[Source records — start]
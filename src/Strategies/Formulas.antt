-- ===== src/Strategies/Formulas.antt =====
-- The formula language, backend/app/strategies/formulas/parser.py: tokens, syntax trees, errors and
-- the public functions. A text is the list of its code points; the texts are in ASCII, so that the
-- letters, digits and spaces which Python finds outside ASCII do not occur. The children are the
-- tokenizer, the parser, a printer that the parser is measured against, and the evaluator.
pub mod Tokenizer
pub mod Parser
pub mod Printer
pub mod Operations
pub mod Evaluator
pub mod Validation
pub mod Laws
pub mod Crossing
mod Tests
use ratatoskr_v.Base.{ℕ, Bool, true, false, List, [], ◌∷◌, ◌&&◌, ◌||◌, ◌==◌}
use ratatoskr_v.Decimal.{Decimal}

abbrev pub Text : Type 0
Text = List ℕ

abbrev pub same_text : Text → Text → Bool
same_text [] [] = true
same_text (a ∷ s) (b ∷ t) = a == b && same_text s t
same_text _ _ = false

abbrev pub is_among : Text → List Text → Bool
is_among w [] = false
is_among w (x ∷ xs) = same_text w x || is_among w xs

-- The operators of `_PRECEDENCE`: `and`, `or` and those of `_OPERATORS`.
pub data Op : Type 0 where
  op_or op_and op_eq op_ne op_gt op_lt op_ge op_le op_add op_sub op_mul op_div op_mod : Op

pub data UnaryOp : Type 0 where
  minus negation : UnaryOp

-- A token's type, and its value where the type does not give it.
pub data Lexeme : Type 0 where
  number : Text → Lexeme
  identifier : Text → Lexeme
  operator : Op → Lexeme
  lparen rparen comma eof : Lexeme

pub record Token : Type 0 where
  pub lexeme : Lexeme
  pub position : ℕ

-- `ASTNode`
mutual
  pub data Node : Type 0 where
    number_node : Decimal → Node
    boolean_node : Bool → Node
    binary_node : Op → Node → Node → Node
    unary_node : UnaryOp → Node → Node
    call_node : Text → Nodes → Node
    identifier_node : Text → Node

  pub data Nodes : Type 0 where
    no_nodes : Nodes
    node : Node → Nodes → Nodes

-- What is raised: the parse errors with their position; `InvalidOperation` of `Decimal`, and the
-- `IndexError` of a token that is not there. `no_fuel` is the model's, and does not occur.
pub data Error : Type 0 where
  unexpected_character unexpected_token expected_rparen unknown_function : ℕ → Error
  invalid_decimal no_token no_fuel : Error

pub data Result {ℓ} (A : Type ℓ) : Type ℓ where
  ok : A → Result A
  err : Error → Result A

infixl 5 ◌>>=◌
abbrev pub ◌>>=◌ {ℓ κ} : {A : Type ℓ} {B : Type κ} → Result A → (A → Result B) → Result B
ok a >>= f = f a
err e >>= f = err e

-- the words with a meaning of their own, `_KEYWORDS`
abbrev pub word_and : Text
word_and = b'a' ∷ b'n' ∷ b'd' ∷ []

abbrev pub word_or : Text
word_or = b'o' ∷ b'r' ∷ []

abbrev pub word_not : Text
word_not = b'n' ∷ b'o' ∷ b't' ∷ []

abbrev pub word_true : Text
word_true = b't' ∷ b'r' ∷ b'u' ∷ b'e' ∷ []

abbrev pub word_false : Text
word_false = b'f' ∷ b'a' ∷ b'l' ∷ b's' ∷ b'e' ∷ []

-- `_BAR_FIELDS`, `_MATH_FUNCTIONS` and `_SPECIAL_FUNCTIONS`
abbrev pub word_open : Text
word_open = b'o' ∷ b'p' ∷ b'e' ∷ b'n' ∷ []

abbrev pub word_high : Text
word_high = b'h' ∷ b'i' ∷ b'g' ∷ b'h' ∷ []

abbrev pub word_low : Text
word_low = b'l' ∷ b'o' ∷ b'w' ∷ []

abbrev pub word_close : Text
word_close = b'c' ∷ b'l' ∷ b'o' ∷ b's' ∷ b'e' ∷ []

abbrev pub word_volume : Text
word_volume = b'v' ∷ b'o' ∷ b'l' ∷ b'u' ∷ b'm' ∷ b'e' ∷ []

abbrev pub word_abs : Text
word_abs = b'a' ∷ b'b' ∷ b's' ∷ []

abbrev pub word_min : Text
word_min = b'm' ∷ b'i' ∷ b'n' ∷ []

abbrev pub word_max : Text
word_max = b'm' ∷ b'a' ∷ b'x' ∷ []

abbrev pub word_prev : Text
word_prev = b'p' ∷ b'r' ∷ b'e' ∷ b'v' ∷ []

abbrev pub word_crosses_above : Text
word_crosses_above =
    b'c' ∷ b'r' ∷ b'o' ∷ b's' ∷ b's' ∷ b'e' ∷ b's' ∷ b'_' ∷ b'a' ∷ b'b' ∷ b'o' ∷ b'v' ∷ b'e' ∷ []

abbrev pub word_crosses_below : Text
word_crosses_below =
    b'c' ∷ b'r' ∷ b'o' ∷ b's' ∷ b's' ∷ b'e' ∷ b's' ∷ b'_' ∷ b'b' ∷ b'e' ∷ b'l' ∷ b'o' ∷ b'w' ∷ []

abbrev pub bar_fields : List Text
bar_fields = word_open ∷ word_high ∷ word_low ∷ word_close ∷ word_volume ∷ []

abbrev pub builtin_functions : List Text
builtin_functions =
    word_abs ∷ word_min ∷ word_max ∷ word_prev ∷ word_crosses_above ∷ word_crosses_below ∷ []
[Source records — finish]
Of all the lines in the data above, show only those that hold the word "errors".

__Output of the task__:
-- The formula language, backend/app/strategies/formulas/parser.py: tokens, syntax trees, errors and
-- What is raised: the parse errors with their position; `InvalidOperation` of `Decimal`, and the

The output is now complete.